What the exercise asks >> Look below for the line that contains "pub to_client : List (Packet Commands)", then copy it and each following line exactly, through and including the line that contains "unfoldable pub in_world".

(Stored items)

---

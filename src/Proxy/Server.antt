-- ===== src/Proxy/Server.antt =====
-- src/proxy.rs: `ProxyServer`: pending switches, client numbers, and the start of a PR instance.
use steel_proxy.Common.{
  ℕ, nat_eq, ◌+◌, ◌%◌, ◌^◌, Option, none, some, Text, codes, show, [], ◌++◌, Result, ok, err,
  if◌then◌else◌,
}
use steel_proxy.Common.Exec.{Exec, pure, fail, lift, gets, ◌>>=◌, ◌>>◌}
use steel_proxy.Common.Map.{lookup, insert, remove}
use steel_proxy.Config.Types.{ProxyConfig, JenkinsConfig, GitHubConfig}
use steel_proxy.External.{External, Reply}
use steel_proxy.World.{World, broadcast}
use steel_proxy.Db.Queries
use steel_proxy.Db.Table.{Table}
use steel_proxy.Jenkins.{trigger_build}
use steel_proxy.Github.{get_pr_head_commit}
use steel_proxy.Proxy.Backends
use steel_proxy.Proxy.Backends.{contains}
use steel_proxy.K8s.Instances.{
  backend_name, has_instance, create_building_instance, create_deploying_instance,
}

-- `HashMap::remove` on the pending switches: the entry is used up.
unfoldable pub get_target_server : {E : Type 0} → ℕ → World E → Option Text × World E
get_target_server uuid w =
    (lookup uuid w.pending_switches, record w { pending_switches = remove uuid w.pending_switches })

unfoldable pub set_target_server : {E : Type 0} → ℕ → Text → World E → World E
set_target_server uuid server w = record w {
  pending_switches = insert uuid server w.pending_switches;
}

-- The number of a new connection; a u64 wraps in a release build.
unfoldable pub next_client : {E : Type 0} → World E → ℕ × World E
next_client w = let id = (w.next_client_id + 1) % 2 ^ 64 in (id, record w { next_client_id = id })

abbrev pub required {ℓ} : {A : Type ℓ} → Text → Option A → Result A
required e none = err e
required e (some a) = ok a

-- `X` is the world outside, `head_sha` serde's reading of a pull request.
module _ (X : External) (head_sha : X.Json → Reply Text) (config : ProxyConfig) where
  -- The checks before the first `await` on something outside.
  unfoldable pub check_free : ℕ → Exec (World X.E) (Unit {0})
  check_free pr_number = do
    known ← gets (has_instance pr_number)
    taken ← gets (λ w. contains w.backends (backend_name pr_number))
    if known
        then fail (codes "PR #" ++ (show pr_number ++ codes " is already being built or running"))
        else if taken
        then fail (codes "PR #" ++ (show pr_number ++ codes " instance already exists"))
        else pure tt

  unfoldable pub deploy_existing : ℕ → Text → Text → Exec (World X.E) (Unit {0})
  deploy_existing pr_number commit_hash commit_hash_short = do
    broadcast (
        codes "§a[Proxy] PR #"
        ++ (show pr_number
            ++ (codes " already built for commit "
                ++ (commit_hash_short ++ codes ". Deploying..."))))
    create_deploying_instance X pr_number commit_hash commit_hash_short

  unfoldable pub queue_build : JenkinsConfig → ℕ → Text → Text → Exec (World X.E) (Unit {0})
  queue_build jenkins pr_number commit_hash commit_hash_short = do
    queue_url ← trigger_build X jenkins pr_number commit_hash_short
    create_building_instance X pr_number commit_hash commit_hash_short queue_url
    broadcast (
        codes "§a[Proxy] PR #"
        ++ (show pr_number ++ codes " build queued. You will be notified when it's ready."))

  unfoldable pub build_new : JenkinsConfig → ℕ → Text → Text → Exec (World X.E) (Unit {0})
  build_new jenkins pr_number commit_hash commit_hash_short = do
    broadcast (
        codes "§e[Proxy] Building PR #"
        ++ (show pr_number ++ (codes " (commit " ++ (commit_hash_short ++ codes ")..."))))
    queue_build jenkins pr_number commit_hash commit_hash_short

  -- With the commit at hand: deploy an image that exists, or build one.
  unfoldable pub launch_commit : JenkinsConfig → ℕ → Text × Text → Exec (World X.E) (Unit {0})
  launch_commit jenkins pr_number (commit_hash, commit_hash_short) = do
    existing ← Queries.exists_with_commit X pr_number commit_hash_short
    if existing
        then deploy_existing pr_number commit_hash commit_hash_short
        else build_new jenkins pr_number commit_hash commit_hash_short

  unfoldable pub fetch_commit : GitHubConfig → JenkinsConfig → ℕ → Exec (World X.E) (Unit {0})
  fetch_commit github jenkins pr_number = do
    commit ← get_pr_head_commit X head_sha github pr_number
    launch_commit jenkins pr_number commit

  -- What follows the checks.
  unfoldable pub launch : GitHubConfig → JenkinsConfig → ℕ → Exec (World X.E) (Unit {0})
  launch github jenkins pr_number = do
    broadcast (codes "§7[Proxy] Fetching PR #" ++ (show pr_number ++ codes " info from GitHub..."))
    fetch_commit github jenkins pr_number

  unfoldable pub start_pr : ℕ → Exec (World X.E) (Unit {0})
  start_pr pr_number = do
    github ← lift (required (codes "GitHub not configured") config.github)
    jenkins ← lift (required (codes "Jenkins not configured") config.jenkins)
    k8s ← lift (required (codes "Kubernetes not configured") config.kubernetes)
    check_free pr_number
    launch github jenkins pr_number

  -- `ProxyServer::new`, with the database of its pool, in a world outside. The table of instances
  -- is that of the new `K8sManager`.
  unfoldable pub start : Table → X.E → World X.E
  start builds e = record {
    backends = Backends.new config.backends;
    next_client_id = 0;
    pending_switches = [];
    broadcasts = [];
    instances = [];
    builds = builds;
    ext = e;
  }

---

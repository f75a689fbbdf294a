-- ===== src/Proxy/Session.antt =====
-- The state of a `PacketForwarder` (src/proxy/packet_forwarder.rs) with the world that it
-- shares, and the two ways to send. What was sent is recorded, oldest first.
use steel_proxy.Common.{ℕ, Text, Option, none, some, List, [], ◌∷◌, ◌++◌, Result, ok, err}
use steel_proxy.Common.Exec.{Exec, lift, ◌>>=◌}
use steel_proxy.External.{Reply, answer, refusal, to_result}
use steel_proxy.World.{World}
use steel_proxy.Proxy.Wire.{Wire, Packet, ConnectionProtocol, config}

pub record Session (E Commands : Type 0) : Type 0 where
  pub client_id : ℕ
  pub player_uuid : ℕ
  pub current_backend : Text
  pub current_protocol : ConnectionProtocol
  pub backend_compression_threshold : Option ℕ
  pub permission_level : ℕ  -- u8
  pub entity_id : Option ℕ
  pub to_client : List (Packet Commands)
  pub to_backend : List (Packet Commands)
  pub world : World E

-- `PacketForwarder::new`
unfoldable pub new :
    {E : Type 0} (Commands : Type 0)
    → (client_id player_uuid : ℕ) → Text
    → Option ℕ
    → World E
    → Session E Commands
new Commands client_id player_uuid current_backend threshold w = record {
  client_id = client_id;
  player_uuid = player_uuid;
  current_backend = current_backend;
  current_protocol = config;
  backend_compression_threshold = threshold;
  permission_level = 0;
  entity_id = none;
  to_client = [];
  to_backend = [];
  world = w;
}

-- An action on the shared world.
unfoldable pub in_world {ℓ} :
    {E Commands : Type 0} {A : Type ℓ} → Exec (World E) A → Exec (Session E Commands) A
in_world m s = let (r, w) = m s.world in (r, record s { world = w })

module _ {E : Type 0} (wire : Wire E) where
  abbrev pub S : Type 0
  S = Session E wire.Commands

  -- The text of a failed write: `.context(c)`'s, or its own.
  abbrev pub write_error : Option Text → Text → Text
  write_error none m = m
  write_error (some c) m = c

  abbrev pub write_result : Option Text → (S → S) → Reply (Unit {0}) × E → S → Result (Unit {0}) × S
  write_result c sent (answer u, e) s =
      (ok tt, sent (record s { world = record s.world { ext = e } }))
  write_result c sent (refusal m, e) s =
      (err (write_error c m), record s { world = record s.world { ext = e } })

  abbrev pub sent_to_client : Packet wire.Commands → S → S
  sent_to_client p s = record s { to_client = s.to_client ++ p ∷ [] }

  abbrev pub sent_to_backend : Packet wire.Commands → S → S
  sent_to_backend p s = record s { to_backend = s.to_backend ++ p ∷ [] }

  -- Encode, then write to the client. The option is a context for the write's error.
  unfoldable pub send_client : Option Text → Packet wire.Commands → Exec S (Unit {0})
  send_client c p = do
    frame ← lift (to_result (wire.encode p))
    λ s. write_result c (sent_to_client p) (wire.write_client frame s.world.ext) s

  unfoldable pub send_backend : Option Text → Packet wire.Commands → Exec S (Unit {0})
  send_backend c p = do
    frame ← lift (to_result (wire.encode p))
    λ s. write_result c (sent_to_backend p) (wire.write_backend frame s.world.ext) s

---

Your response >>
  pub to_client : List (Packet Commands)
  pub to_backend : List (Packet Commands)
  pub world : World E

-- `PacketForwarder::new`
unfoldable pub new :
    {E : Type 0} (Commands : Type 0)
    → (client_id player_uuid : ℕ) → Text
    → Option ℕ
    → World E
    → Session E Commands
new Commands client_id player_uuid current_backend threshold w = record {
  client_id = client_id;
  player_uuid = player_uuid;
  current_backend = current_backend;
  current_protocol = config;
  backend_compression_threshold = threshold;
  permission_level = 0;
  entity_id = none;
  to_client = [];
  to_backend = [];
  world = w;
}

-- An action on the shared world.
unfoldable pub in_world {ℓ} :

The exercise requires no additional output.